Just as Denis inspired Shelton, Shelton inspired numerous other filmmakers. “I don’t think I would have stayed in Seattle and made movies, if she hadn’t started blazing a trail,” said local film producer/director Lacey Leavitt. Shelton, she said, showed that “you could make really good films with essentially just your story and your actors and your dedication, and without Hollywood money being behind you. To have that be considered worthy cinema, cinema that could play at Cannes, that just hadn’t been modeled in Seattle for anyone before Lynn did it.”
And as Shelton’s name got bigger and her films became more star-studded, she continued to make her films in Seattle. For “Laggies,” a 2014 coming-of-age comedy starring Keira Knightley, producers originally planned to shoot in California, but Shelton said in an interview that “I somehow managed to convince them and the stars aligned for us to bring it here.”
“She was a fantastic champion of Seattle, and trying to make films here and grow the industry here,” said Keblas, remembering how the two of them would carpool to Olympia to talk to state representatives. “She was a big part of why we were able to get incentives, why we were able to extend them and grow them … When it came time to make her films, rarely did the bean counters want to make them in Seattle. She fought, I meant she would fight hard, she would lose films if she couldn’t make them in Seattle. She stayed true to her community and the people who helped bring her up.”
Griffiths described how Shelton “was sort of methodically shining a national spotlight on Seattle, and I felt like I was lucky enough to be illuminated a little bit by that spotlight as well.” Shelton was an avid supporter of Griffiths’ films (she was a consulting producer and played a small role in Griffiths’ 2011 feature, “The Off Hours”) and of many others, particularly aspiring female filmmakers.
“She was someone who led a career that was very inspiring to me, and sort of felt like a path I could take,” Griffiths said. “I can only imagine how many other women in this community felt that way, and were inspired to push harder and try to climb highest because of what Lynn was able to do.”

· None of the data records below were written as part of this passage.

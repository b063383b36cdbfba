-- ===== src/Requester/Clip.antt =====
-- What a card may show (faceauth-daemon/src/consent/requester.rs).
use mathlib.Core.Path.{subst}
use omarchy_faceauth.Prelude.{
  ℕ, zero, suc, ◌+◌, ◌≤◌, ◌≡◌, ◌∙◌, refl, ap, sym, Bool, true, false, not, ◌&&◌, ◌||◌, List, [],
  ◌∷◌, map, Text, All, All-imp, retain, retain-All, take, length, ltb, leb, ◌==◌, if◌then◌else◌,
  arith,
}
use omarchy_faceauth.Prelude.Chars.{is_control}
use omarchy_faceauth.Requester.{
  command_clip, formats, in_ranges, is_dropped_category, kept_chars, cut_at, clip_command,
}

-- The characters that must not reach a card, from the Unicode tables: controls (Cc), the separators of
-- lines and paragraphs (Zl, Zp), and the formats (Cf), the marks that turn the direction of a text
-- among them.
abbrev pub hidden : List (ℕ × ℕ)
hidden =
    (0, 31)
    ∷ (127, 159)
    ∷ (8232, 8233)
    ∷ (173, 173)
    ∷ (1536, 1541)
    ∷ (1564, 1564)
    ∷ (1757, 1757)
    ∷ (1807, 1807)
    ∷ (2192, 2193)
    ∷ (2274, 2274)
    ∷ (6158, 6158)
    ∷ (8203, 8207)
    ∷ (8234, 8238)
    ∷ (8288, 8292)
    ∷ (8294, 8303)
    ∷ (65279, 65279)
    ∷ (65529, 65531)
    ∷ (69821, 69821)
    ∷ (69837, 69837)
    ∷ (78896, 78911)
    ∷ (113824, 113827)
    ∷ (119155, 119162)
    ∷ (917505, 917505)
    ∷ (917536, 917631)
    ∷ []

abbrev pub lies_in : List (ℕ × ℕ) → ℕ → Bool
lies_in [] c = false
lies_in ((lo, hi) ∷ more) c = (leb lo c && leb c hi) || lies_in more c

abbrev pub IsShown : ℕ → Type 0
IsShown c = lies_in hidden c ≡ false

-- A text as it is shown: tabs are spaces, and the hidden characters are left out.
abbrev pub shown_of : Text → Text
shown_of s = retain (λ c. not (lies_in hidden c)) (map (λ c. if c == 9 then 32 else c) s)

in_ranges-lies_in : (c : ℕ) (rs : List (ℕ × ℕ)) → in_ranges c rs ≡ lies_in rs c
in_ranges-lies_in c [] = refl
in_ranges-lies_in c ((lo, hi) ∷ more) =
    ap (λ b. (leb lo c && leb c hi) || b) (in_ranges-lies_in c more)

joined :
    (c : ℕ) (b : Bool)
    → (((is_control c || c == 8232) || c == 8233) || b)
      ≡ ((leb 0 c && leb c 31) || ((leb 127 c && leb c 159) || ((leb 8232 c && leb c 8233) || b)))
joined c b = ground arith

-- The test of the code is the one of the tables.
dropped-lies_in : (c : ℕ) → is_dropped_category c ≡ lies_in hidden c
unfolding is_dropped_category
dropped-lies_in c =
    ap (λ b. ((is_control c || c == 8232) || c == 8233) || b) (in_ranges-lies_in c formats)
    ∙ joined c (lies_in formats c)

kept_chars-shown_of : (s : Text) → kept_chars s ≡ shown_of s
unfolding kept_chars
kept_chars-shown_of [] = refl
kept_chars-shown_of (c ∷ s) =
    step (c == 9) (is_dropped_category c) (lies_in hidden c) (dropped-lies_in c) refl (kept_chars s)
      (shown_of s) (kept_chars-shown_of s)
  where
    step :
        (tab dropped b : Bool)
        → dropped ≡ b
        → lies_in hidden c ≡ b
        → (more more' : Text) → more ≡ more'
        → (if tab then 32 ∷ more else if dropped then more else c ∷ more)
          ≡ (let d = if tab then 32 else c in if not (lies_in hidden d) then d ∷ more' else more')
    step true dropped b e k more more' same = ap (λ (t : Text). 32 ∷ t) same
    step false dropped true e k more more' same = rw (e, k) same
    step false dropped false e k more more' same = rw (e, k) (ap (λ (t : Text). c ∷ t) same)

shown_of-IsShown : (s : Text) → All IsShown (shown_of s)
shown_of-IsShown s =
    let spaced = map (λ c. if c == 9 then 32 else c) s in
    let kept : Text = retain (λ c. not (lies_in hidden c)) spaced in
    All-imp (λ c. not (lies_in hidden c) ≡ true) IsShown kept (λ c k. not_true (lies_in hidden c) k)
      (retain-All (λ c. not (lies_in hidden c)) spaced)
  where
    not_true : (b : Bool) → not b ≡ true → b ≡ false
    not_true true k = cc
    not_true false k = refl

take-All : (n : ℕ) (s : Text) → All IsShown s → All IsShown (take n s)
take-All zero s h = tt
take-All (suc n) [] h = tt
take-All (suc n) (c ∷ s) (h, hs) = (h, take-All n s hs)

length-take-le : (n : ℕ) (s : Text) → length (take n s) ≤ n
length-take-le zero s = omega arith
length-take-le (suc n) [] = omega arith
length-take-le (suc n) (c ∷ s) = omega (arith, length-take-le n s)

take-take : (n : ℕ) (s : Text) → take n (take (suc n) s) ≡ take n s
take-take zero s = refl
take-take (suc n) [] = refl
take-take (suc n) (c ∷ s) = ap (λ (t : Text). c ∷ t) (take-take n s)

plus_one : (n : ℕ) → suc n ≡ n + 1
plus_one n = omega arith

length-take-over : (n : ℕ) (s : Text) → ltb n (length (take (n + 1) s)) ≡ ltb n (length s)
length-take-over zero [] = refl
length-take-over zero (c ∷ s) = ground arith
length-take-over (suc n) [] = ground arith
length-take-over (suc n) (c ∷ s) = ground (arith, length-take-over n s)

take-short : (n m : ℕ) (s : Text) → length s ≤ n → length s ≤ m → take n s ≡ take m s
take-short zero zero s h k = refl
take-short zero (suc m) [] h k = refl
take-short zero (suc m) (c ∷ s) h k = absurd (omega arith)
take-short (suc n) zero [] h k = refl
take-short (suc n) zero (c ∷ s) h k = absurd (omega arith)
take-short (suc n) (suc m) [] h k = refl
take-short (suc n) (suc m) (c ∷ s) h k =
    ap (λ (t : Text). c ∷ t) (take-short n m s (omega arith) (omega arith))

-- A cut text is the text up to the limit, and the flag says whether there was more.
cut_at-take :
    (limit : ℕ) (s : Text)
    → ◌≡◌ {A = Text × Bool} (cut_at limit s) (take limit s, ltb limit (length s))
unfolding cut_at
cut_at-take limit s = which (ltb limit (length (take (limit + 1) s))) refl
  where
    which :
        (b : Bool)
        → ltb limit (length (take (limit + 1) s)) ≡ b
        → ◌≡◌ {A = Text × Bool}
            (if b then (take limit (take (limit + 1) s), true) else (take (limit + 1) s, false))
            (take limit s, ltb limit (length s))
    which true e =
        let over : ltb limit (length s) ≡ true = sym (length-take-over limit s) ∙ e in
        let same : take limit (take (limit + 1) s) ≡ take limit s =
          subst (λ n. take limit (take n s) ≡ take limit s) (plus_one limit) (take-take limit s) in
        rw (same, over) refl
    which false e =
        let fits : ltb limit (length s) ≡ false = sym (length-take-over limit s) ∙ e in
        let same : take (limit + 1) s ≡ take limit s =
          take-short (limit + 1) limit s (ground arith) (ground arith) in
        rw (same, fits) refl

-- Whatever a requester calls itself: what the window is given is the text with spaces for tabs, and
-- with all controls, separators of lines and paragraphs, and formats left out, by the ranges of the
-- Unicode tables, in its order, up to 16384 characters; and the flag says whether there were more. So
-- none of these characters is in it, and it is never longer.
pub clip_command-IsShown :
    (s : Text)
    → let (shown, cut) = clip_command s in
      (shown ≡ take command_clip (shown_of s))
      × (cut ≡ ltb command_clip (length (shown_of s)))
      × All IsShown shown
      × (length shown ≤ command_clip)
unfolding clip_command
clip_command-IsShown s =
    let e : ◌≡◌ {A = Text × Bool} (cut_at command_clip (kept_chars s))
        (take command_clip (shown_of s), ltb command_clip (length (shown_of s))) =
      rw (kept_chars-shown_of s) (cut_at-take command_clip (shown_of s)) in
    let shown : (cut_at command_clip (kept_chars s)).0 ≡ take command_clip (shown_of s) =
      ap (λ (p : Text × Bool). p.0) e in
    (
      shown,
      ap (λ (p : Text × Bool). p.1) e,
      rw shown (take-All command_clip (shown_of s) (shown_of-IsShown s)),
      rw shown (length-take-le command_clip (shown_of s)),
    )
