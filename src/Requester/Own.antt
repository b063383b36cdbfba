-- ===== src/Requester/Own.antt =====
-- Who may be named and killed (faceauth-daemon/src/consent/requester.rs).
use omarchy_faceauth.Prelude.{
  ℕ, ◌≡◌, ◌⊎◌, inl, inr, refl, Bool, true, false, Option, none, some, Text, codes, arith,
  Option-cases,
}
use omarchy_faceauth.Requester.{clip_command}
use omarchy_faceauth.Requester.Proc.{Proc, or_blank, real_uid_of}
use omarchy_faceauth.Requester.Named.{Caller, named_by_polkit, polkit}
use omarchy_faceauth.Server.ProcView.{AgentPeer}
use omarchy_faceauth.Server.Request.{PolkitContext}

named_parts :
    (pr : Proc) (user_uid : ℕ) (c : PolkitContext) (n : ℕ × (Text × Bool))
    → named_by_polkit pr user_uid c ≡ some n
    → (real_uid_of pr n.0 ≡ some user_uid)
      × (n.1 ≡ clip_command (or_blank (pr.read n.0 (codes "cmdline"))))
unfolding named_by_polkit
named_parts pr user_uid c n h = (ground arith, ground arith)

-- Nothing is verified and nothing offered to kill; or the process offered is the one that the
-- locality check is run on, it runs as the user, and the command shown is its own command line.
abbrev pub IsOwn : Proc → ℕ → Caller → Type 0
IsOwn pr user_uid info =
    ((info.verified ≡ false) × (info.kill_pid ≡ 0) × (info.requester ≡ none))
    ⊎ ((info.verified ≡ true)
        × (info.requester ≡ some info.kill_pid)
        × (real_uid_of pr info.kill_pid ≡ some user_uid)
        × (info.command ≡ (clip_command (or_blank (pr.read info.kill_pid (codes "cmdline")))).0))

-- On the polkit lane a process is offered to kill only if it is shown as verified, and then it is
-- the requester that the locality check is run on too, it runs as the user, and the command shown
-- is its own command line, clipped; otherwise nothing is verified and nothing is offered.
pub polkit-IsOwn :
    (pr : Proc) (pid user_uid : ℕ) (agent : Option AgentPeer) (agent_comm : Text)
    (context : Option PolkitContext)
    → IsOwn pr user_uid (polkit pr pid user_uid agent agent_comm context)
unfolding polkit
polkit-IsOwn pr pid user_uid agent agent_comm none = inl (refl, refl, refl)
polkit-IsOwn pr pid user_uid agent agent_comm (some c) =
    elim (Option-cases (named_by_polkit pr user_uid c)) [
      | inl e ↦ inl (ground arith, ground arith, ground arith)
      | inr (n, e) ↦
          let (own, shown) = named_parts pr user_uid c n e in
          inr (ground arith, ground arith, ground (arith, own), ground (arith, shown))
    ]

Courtney Sheehan, who directed Northwest Film Forum from 2013 to 2018 — a time when Shelton was already a national name — remembered that when she would book screenings of “scrappy independent films” from female filmmakers, often only a couple of people would turn out. “Lynn would be one of them,” she said, “always championing that work.”
There are, it seems, bits of Shelton in so many Northwest films: somebody she recommended, somebody she taught, somebody who learned a new skill on her crew, somebody who looked at her and thought, “maybe I can do that too.” Everyone who speaks of Shelton, it seems, has an example of how she encouraged others: by hiring her former students or recommending them for jobs; by giving cast and crew the space and freedom to experiment and bring out their best work; by providing glowing references for those who did even the smallest jobs on her crew; by demonstrating that collaboration, creativity and leadership can warmly coexist.
“She’s been incredibly instrumental and key to Seattle, to our filmmaking community,” said Leavitt, “but I think she had a far-reaching legacy of modeling this other way of filmmaking for people all across the world.”
After Shelton’s death, her survivors suggested two charities for memorial donations. One was the Northwest School for Deaf and Hard-of-Hearing Children (the school her son had attended); the other was Northwest Film Forum, where her career first began to take wing long ago.
“My soul resides in Seattle,” Shelton said, in a video made in Los Angeles for The Stranger in March as the pandemic began. “And it always shall.”